▶ ASSIGNED TASK:
An accurate, complete copy of the records below is required.

▶ TASK INPUTS:

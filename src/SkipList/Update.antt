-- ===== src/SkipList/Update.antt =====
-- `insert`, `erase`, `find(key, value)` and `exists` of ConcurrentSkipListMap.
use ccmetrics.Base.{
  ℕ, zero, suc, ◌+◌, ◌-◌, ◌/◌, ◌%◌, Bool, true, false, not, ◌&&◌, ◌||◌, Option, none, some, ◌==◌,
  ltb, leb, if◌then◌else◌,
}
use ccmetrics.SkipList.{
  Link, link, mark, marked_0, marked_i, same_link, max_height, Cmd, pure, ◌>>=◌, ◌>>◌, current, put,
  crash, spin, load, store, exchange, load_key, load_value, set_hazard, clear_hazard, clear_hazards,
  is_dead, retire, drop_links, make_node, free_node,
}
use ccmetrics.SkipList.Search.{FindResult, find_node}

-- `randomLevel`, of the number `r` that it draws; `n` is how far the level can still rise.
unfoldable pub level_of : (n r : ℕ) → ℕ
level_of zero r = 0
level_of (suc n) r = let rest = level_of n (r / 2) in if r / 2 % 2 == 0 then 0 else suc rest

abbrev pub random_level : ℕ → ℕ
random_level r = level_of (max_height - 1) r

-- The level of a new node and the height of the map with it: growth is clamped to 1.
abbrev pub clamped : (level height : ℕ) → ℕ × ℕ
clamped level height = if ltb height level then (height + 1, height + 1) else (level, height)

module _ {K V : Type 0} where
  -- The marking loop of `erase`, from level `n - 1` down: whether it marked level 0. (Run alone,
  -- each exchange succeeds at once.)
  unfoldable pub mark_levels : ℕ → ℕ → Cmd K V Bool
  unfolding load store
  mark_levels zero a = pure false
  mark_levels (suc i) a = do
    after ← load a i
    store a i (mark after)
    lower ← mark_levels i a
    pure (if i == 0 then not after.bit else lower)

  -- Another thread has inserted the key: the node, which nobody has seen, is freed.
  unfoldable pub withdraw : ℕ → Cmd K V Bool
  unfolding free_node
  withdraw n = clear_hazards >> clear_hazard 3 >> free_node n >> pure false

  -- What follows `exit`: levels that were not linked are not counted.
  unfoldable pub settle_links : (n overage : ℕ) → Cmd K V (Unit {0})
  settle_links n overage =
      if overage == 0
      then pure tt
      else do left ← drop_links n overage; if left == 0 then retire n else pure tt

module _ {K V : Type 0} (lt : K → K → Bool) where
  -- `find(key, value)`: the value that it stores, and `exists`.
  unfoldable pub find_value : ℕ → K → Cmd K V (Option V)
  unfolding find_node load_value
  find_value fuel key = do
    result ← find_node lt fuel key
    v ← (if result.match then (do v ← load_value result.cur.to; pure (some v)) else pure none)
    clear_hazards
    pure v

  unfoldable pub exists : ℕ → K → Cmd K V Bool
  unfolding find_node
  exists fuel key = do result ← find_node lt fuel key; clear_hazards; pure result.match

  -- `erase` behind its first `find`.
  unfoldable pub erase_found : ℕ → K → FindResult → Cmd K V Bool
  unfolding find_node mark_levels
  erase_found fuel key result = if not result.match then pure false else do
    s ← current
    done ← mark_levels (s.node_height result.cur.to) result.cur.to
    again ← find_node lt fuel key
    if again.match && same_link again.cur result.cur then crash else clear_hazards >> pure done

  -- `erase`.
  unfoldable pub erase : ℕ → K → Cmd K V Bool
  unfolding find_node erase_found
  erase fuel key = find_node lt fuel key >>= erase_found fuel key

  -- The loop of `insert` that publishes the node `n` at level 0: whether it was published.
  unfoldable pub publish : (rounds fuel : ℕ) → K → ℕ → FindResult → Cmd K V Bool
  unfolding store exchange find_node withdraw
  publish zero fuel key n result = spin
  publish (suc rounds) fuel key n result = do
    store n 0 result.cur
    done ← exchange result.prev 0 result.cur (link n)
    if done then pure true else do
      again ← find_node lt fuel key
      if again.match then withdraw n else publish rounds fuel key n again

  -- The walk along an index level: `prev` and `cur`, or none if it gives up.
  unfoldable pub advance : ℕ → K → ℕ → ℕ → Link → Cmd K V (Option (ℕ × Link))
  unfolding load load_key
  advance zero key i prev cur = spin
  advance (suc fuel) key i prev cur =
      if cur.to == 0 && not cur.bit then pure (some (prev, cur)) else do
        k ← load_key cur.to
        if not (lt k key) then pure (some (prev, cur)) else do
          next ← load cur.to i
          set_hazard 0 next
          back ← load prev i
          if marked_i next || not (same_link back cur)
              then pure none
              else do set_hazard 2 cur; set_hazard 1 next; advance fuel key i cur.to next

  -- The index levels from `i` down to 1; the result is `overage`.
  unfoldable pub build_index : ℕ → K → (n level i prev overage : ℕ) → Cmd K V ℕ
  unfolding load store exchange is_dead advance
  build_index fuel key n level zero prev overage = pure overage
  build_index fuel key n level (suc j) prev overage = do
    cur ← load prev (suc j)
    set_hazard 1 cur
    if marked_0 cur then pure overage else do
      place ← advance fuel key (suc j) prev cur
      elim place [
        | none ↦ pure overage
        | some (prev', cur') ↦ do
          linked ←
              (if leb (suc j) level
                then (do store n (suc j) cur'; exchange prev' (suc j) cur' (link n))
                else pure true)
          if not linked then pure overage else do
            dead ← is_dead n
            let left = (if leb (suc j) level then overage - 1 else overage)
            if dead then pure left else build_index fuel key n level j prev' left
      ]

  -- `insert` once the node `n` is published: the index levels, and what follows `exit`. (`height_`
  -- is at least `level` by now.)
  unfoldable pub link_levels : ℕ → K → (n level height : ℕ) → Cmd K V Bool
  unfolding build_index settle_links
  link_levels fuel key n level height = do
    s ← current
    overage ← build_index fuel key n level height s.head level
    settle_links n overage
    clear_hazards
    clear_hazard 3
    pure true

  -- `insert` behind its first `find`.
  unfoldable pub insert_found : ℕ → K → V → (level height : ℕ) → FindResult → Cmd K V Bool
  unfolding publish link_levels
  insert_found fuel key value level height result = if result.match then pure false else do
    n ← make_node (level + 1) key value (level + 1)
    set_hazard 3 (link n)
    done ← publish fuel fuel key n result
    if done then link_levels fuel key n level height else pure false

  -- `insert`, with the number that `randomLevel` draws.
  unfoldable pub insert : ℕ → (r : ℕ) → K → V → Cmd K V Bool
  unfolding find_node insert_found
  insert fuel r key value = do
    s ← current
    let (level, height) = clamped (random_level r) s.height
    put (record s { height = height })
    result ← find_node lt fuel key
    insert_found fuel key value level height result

▶ OUTPUT BELOW:
filename src/SkipList/Update.antt
-- ===== src/SkipList/Update.antt =====
-- `insert`, `erase`, `find(key, value)` and `exists` of ConcurrentSkipListMap.
use ccmetrics.Base.{
  ℕ, zero, suc, ◌+◌, ◌-◌, ◌/◌, ◌%◌, Bool, true, false, not, ◌&&◌, ◌||◌, Option, none, some, ◌==◌,
  ltb, leb, if◌then◌else◌,
}
use ccmetrics.SkipList.{
  Link, link, mark, marked_0, marked_i, same_link, max_height, Cmd, pure, ◌>>=◌, ◌>>◌, current, put,
  crash, spin, load, store, exchange, load_key, load_value, set_hazard, clear_hazard, clear_hazards,
  is_dead, retire, drop_links, make_node, free_node,
}
use ccmetrics.SkipList.Search.{FindResult, find_node}

-- `randomLevel`, of the number `r` that it draws; `n` is how far the level can still rise.
unfoldable pub level_of : (n r : ℕ) → ℕ
level_of zero r = 0
level_of (suc n) r = let rest = level_of n (r / 2) in if r / 2 % 2 == 0 then 0 else suc rest

abbrev pub random_level : ℕ → ℕ
random_level r = level_of (max_height - 1) r

-- The level of a new node and the height of the map with it: growth is clamped to 1.
abbrev pub clamped : (level height : ℕ) → ℕ × ℕ
clamped level height = if ltb height level then (height + 1, height + 1) else (level, height)

module _ {K V : Type 0} where
  -- The marking loop of `erase`, from level `n - 1` down: whether it marked level 0. (Run alone,
  -- each exchange succeeds at once.)
  unfoldable pub mark_levels : ℕ → ℕ → Cmd K V Bool
  unfolding load store
  mark_levels zero a = pure false
  mark_levels (suc i) a = do
    after ← load a i
    store a i (mark after)
    lower ← mark_levels i a
    pure (if i == 0 then not after.bit else lower)

  -- Another thread has inserted the key: the node, which nobody has seen, is freed.
  unfoldable pub withdraw : ℕ → Cmd K V Bool
  unfolding free_node
  withdraw n = clear_hazards >> clear_hazard 3 >> free_node n >> pure false

  -- What follows `exit`: levels that were not linked are not counted.
  unfoldable pub settle_links : (n overage : ℕ) → Cmd K V (Unit {0})
  settle_links n overage =
      if overage == 0
      then pure tt
      else do left ← drop_links n overage; if left == 0 then retire n else pure tt

module _ {K V : Type 0} (lt : K → K → Bool) where
  -- `find(key, value)`: the value that it stores, and `exists`.
  unfoldable pub find_value : ℕ → K → Cmd K V (Option V)
  unfolding find_node load_value
  find_value fuel key = do
    result ← find_node lt fuel key
    v ← (if result.match then (do v ← load_value result.cur.to; pure (some v)) else pure none)
    clear_hazards
    pure v

  unfoldable pub exists : ℕ → K → Cmd K V Bool
  unfolding find_node
  exists fuel key = do result ← find_node lt fuel key; clear_hazards; pure result.match

  -- `erase` behind its first `find`.
  unfoldable pub erase_found : ℕ → K → FindResult → Cmd K V Bool
  unfolding find_node mark_levels
  erase_found fuel key result = if not result.match then pure false else do
    s ← current
    done ← mark_levels (s.node_height result.cur.to) result.cur.to
    again ← find_node lt fuel key
    if again.match && same_link again.cur result.cur then crash else clear_hazards >> pure done

  -- `erase`.
  unfoldable pub erase : ℕ → K → Cmd K V Bool
  unfolding find_node erase_found
  erase fuel key = find_node lt fuel key >>= erase_found fuel key

  -- The loop of `insert` that publishes the node `n` at level 0: whether it was published.
  unfoldable pub publish : (rounds fuel : ℕ) → K → ℕ → FindResult → Cmd K V Bool
  unfolding store exchange find_node withdraw
  publish zero fuel key n result = spin
  publish (suc rounds) fuel key n result = do
    store n 0 result.cur
    done ← exchange result.prev 0 result.cur (link n)
    if done then pure true else do
      again ← find_node lt fuel key
      if again.match then withdraw n else publish rounds fuel key n again

  -- The walk along an index level: `prev` and `cur`, or none if it gives up.
  unfoldable pub advance : ℕ → K → ℕ → ℕ → Link → Cmd K V (Option (ℕ × Link))
  unfolding load load_key
  advance zero key i prev cur = spin
  advance (suc fuel) key i prev cur =
      if cur.to == 0 && not cur.bit then pure (some (prev, cur)) else do
        k ← load_key cur.to
        if not (lt k key) then pure (some (prev, cur)) else do
          next ← load cur.to i
          set_hazard 0 next
          back ← load prev i
          if marked_i next || not (same_link back cur)
              then pure none
              else do set_hazard 2 cur; set_hazard 1 next; advance fuel key i cur.to next

  -- The index levels from `i` down to 1; the result is `overage`.
  unfoldable pub build_index : ℕ → K → (n level i prev overage : ℕ) → Cmd K V ℕ
  unfolding load store exchange is_dead advance
  build_index fuel key n level zero prev overage = pure overage
  build_index fuel key n level (suc j) prev overage = do
    cur ← load prev (suc j)
    set_hazard 1 cur
    if marked_0 cur then pure overage else do
      place ← advance fuel key (suc j) prev cur
      elim place [
        | none ↦ pure overage
        | some (prev', cur') ↦ do
          linked ←
              (if leb (suc j) level
                then (do store n (suc j) cur'; exchange prev' (suc j) cur' (link n))
                else pure true)
          if not linked then pure overage else do
            dead ← is_dead n
            let left = (if leb (suc j) level then overage - 1 else overage)
            if dead then pure left else build_index fuel key n level j prev' left
      ]

  -- `insert` once the node `n` is published: the index levels, and what follows `exit`. (`height_`
  -- is at least `level` by now.)
  unfoldable pub link_levels : ℕ → K → (n level height : ℕ) → Cmd K V Bool
  unfolding build_index settle_links
  link_levels fuel key n level height = do
    s ← current
    overage ← build_index fuel key n level height s.head level
    settle_links n overage
    clear_hazards
    clear_hazard 3
    pure true

  -- `insert` behind its first `find`.
  unfoldable pub insert_found : ℕ → K → V → (level height : ℕ) → FindResult → Cmd K V Bool
  unfolding publish link_levels
  insert_found fuel key value level height result = if result.match then pure false else do
    n ← make_node (level + 1) key value (level + 1)
    set_hazard 3 (link n)
    done ← publish fuel fuel key n result
    if done then link_levels fuel key n level height else pure false

  -- `insert`, with the number that `randomLevel` draws.
  unfoldable pub insert : ℕ → (r : ℕ) → K → V → Cmd K V Bool
  unfolding find_node insert_found
  insert fuel r key value = do
    s ← current
    let (level, height) = clamped (random_level r) s.height
    put (record s { height = height })
    result ← find_node lt fuel key
    insert_found fuel key value level height result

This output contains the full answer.